* _TASK ITEM_
Where a line in the records below contains the string "before", tally it; give only the final number.

TASK MATERIAL section start

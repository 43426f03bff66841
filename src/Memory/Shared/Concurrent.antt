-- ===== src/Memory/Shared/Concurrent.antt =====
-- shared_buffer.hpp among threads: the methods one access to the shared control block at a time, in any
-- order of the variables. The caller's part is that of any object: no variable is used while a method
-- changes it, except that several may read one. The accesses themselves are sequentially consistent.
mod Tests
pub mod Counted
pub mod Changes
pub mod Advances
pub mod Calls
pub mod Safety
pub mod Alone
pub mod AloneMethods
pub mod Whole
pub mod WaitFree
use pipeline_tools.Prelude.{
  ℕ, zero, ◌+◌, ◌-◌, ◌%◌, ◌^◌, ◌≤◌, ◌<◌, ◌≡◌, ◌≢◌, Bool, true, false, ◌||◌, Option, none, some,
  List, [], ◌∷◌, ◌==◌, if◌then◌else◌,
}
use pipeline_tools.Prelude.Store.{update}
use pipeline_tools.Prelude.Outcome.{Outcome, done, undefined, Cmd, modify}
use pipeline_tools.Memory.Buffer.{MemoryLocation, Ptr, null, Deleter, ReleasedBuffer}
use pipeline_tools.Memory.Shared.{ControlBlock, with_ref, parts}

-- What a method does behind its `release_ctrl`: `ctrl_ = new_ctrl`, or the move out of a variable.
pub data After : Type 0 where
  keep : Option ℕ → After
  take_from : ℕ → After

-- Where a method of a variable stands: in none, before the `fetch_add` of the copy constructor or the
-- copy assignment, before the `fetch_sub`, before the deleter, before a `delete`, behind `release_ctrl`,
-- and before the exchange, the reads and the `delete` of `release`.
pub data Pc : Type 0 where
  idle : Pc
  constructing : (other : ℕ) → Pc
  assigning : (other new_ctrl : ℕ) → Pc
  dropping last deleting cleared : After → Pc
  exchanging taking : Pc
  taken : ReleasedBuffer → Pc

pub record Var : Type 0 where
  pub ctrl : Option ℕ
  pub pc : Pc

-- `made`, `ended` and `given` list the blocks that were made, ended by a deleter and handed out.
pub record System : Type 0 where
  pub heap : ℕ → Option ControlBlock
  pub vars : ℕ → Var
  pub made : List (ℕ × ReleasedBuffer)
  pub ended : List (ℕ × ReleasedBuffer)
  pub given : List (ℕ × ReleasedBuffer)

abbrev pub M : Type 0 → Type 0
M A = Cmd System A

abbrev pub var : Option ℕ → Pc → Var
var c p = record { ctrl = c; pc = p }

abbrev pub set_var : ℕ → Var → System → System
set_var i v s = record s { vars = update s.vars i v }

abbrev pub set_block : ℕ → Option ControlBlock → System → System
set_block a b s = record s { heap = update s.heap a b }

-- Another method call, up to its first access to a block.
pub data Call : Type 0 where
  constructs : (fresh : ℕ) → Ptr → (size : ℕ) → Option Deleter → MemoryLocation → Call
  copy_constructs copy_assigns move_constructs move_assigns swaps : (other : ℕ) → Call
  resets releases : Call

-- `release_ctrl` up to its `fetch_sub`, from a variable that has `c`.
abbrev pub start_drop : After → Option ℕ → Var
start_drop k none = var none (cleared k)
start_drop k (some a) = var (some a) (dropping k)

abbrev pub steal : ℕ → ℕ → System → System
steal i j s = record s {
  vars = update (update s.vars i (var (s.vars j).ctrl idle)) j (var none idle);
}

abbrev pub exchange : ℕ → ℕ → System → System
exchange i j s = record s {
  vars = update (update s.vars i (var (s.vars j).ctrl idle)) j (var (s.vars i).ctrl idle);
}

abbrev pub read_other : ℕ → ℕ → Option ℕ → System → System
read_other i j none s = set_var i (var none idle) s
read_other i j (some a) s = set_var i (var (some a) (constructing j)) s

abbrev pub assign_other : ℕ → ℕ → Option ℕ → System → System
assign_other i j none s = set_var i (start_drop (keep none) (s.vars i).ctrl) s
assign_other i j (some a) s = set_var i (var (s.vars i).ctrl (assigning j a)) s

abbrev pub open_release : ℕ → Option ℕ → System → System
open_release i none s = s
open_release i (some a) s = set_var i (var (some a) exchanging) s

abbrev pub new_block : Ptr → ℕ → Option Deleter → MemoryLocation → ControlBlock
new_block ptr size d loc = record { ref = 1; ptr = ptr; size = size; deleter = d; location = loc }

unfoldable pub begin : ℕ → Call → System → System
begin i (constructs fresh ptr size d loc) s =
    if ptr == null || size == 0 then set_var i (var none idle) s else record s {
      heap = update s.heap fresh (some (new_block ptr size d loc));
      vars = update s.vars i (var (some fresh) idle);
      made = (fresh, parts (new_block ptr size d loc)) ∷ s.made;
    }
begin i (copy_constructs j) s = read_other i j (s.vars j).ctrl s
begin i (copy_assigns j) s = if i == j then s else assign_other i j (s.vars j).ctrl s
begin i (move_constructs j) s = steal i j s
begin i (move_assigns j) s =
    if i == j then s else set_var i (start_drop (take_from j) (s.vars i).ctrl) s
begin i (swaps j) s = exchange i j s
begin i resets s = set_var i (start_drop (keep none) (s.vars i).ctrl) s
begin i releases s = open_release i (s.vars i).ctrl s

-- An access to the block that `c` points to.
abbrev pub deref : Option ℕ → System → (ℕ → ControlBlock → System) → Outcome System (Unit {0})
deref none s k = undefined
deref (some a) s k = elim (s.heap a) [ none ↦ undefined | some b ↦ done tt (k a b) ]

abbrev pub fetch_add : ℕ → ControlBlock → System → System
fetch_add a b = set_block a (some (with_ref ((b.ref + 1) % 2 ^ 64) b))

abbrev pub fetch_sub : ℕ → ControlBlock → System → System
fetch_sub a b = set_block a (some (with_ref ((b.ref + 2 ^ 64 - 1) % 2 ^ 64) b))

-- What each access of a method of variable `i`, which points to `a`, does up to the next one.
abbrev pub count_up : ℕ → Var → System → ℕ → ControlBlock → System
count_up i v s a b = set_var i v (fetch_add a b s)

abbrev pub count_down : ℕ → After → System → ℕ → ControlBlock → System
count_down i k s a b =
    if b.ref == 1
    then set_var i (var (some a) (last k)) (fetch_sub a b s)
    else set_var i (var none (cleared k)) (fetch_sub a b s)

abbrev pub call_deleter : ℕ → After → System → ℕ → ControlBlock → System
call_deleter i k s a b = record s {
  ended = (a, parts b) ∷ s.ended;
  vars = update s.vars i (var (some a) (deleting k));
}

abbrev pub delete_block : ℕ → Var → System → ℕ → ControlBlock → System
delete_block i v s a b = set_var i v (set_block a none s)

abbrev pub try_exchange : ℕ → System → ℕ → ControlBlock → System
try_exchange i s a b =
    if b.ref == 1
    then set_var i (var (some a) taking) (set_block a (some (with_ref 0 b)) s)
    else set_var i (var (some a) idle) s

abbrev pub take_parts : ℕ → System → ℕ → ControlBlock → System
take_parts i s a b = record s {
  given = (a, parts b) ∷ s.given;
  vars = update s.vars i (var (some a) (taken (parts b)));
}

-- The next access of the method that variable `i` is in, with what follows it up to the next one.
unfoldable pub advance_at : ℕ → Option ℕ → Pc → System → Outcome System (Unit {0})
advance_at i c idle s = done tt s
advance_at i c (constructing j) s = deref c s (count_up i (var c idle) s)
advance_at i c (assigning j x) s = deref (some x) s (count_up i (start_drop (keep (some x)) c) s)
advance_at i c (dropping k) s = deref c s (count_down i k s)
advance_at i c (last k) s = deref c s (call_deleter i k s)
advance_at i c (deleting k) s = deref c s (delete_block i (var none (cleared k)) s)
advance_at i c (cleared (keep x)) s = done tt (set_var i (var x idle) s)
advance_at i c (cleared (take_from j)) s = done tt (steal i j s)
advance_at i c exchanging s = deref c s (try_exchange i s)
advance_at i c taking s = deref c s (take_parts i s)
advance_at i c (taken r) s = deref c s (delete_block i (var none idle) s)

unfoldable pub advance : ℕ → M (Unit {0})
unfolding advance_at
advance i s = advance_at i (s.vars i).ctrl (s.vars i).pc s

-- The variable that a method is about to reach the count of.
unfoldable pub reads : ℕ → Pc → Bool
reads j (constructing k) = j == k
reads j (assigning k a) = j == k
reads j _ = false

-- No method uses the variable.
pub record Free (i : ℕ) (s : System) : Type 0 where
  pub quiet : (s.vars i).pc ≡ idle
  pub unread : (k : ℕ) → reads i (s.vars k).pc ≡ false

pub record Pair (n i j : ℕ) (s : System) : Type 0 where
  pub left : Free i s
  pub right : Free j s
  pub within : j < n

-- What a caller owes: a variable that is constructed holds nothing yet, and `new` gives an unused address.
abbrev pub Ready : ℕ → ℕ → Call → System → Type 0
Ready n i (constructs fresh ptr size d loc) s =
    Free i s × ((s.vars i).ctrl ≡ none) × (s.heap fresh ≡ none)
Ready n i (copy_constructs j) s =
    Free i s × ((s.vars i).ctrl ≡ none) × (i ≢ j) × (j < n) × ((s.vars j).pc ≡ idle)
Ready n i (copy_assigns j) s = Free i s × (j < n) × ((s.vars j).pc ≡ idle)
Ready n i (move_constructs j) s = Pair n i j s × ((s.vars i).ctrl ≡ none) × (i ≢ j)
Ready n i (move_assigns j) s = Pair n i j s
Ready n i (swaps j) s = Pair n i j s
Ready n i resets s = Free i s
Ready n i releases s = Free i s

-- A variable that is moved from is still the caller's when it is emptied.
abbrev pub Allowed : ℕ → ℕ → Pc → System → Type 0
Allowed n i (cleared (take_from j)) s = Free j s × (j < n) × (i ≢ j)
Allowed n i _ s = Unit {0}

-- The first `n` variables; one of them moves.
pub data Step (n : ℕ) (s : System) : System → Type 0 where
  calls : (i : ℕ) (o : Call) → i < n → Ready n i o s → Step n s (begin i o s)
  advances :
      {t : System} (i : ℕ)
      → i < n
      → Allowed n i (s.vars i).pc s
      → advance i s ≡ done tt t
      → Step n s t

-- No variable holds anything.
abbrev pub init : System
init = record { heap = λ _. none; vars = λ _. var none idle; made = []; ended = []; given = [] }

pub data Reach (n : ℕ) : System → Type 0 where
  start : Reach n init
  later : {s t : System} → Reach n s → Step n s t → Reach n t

TASK MATERIAL section end

* _WRITTEN RESPONSE_
3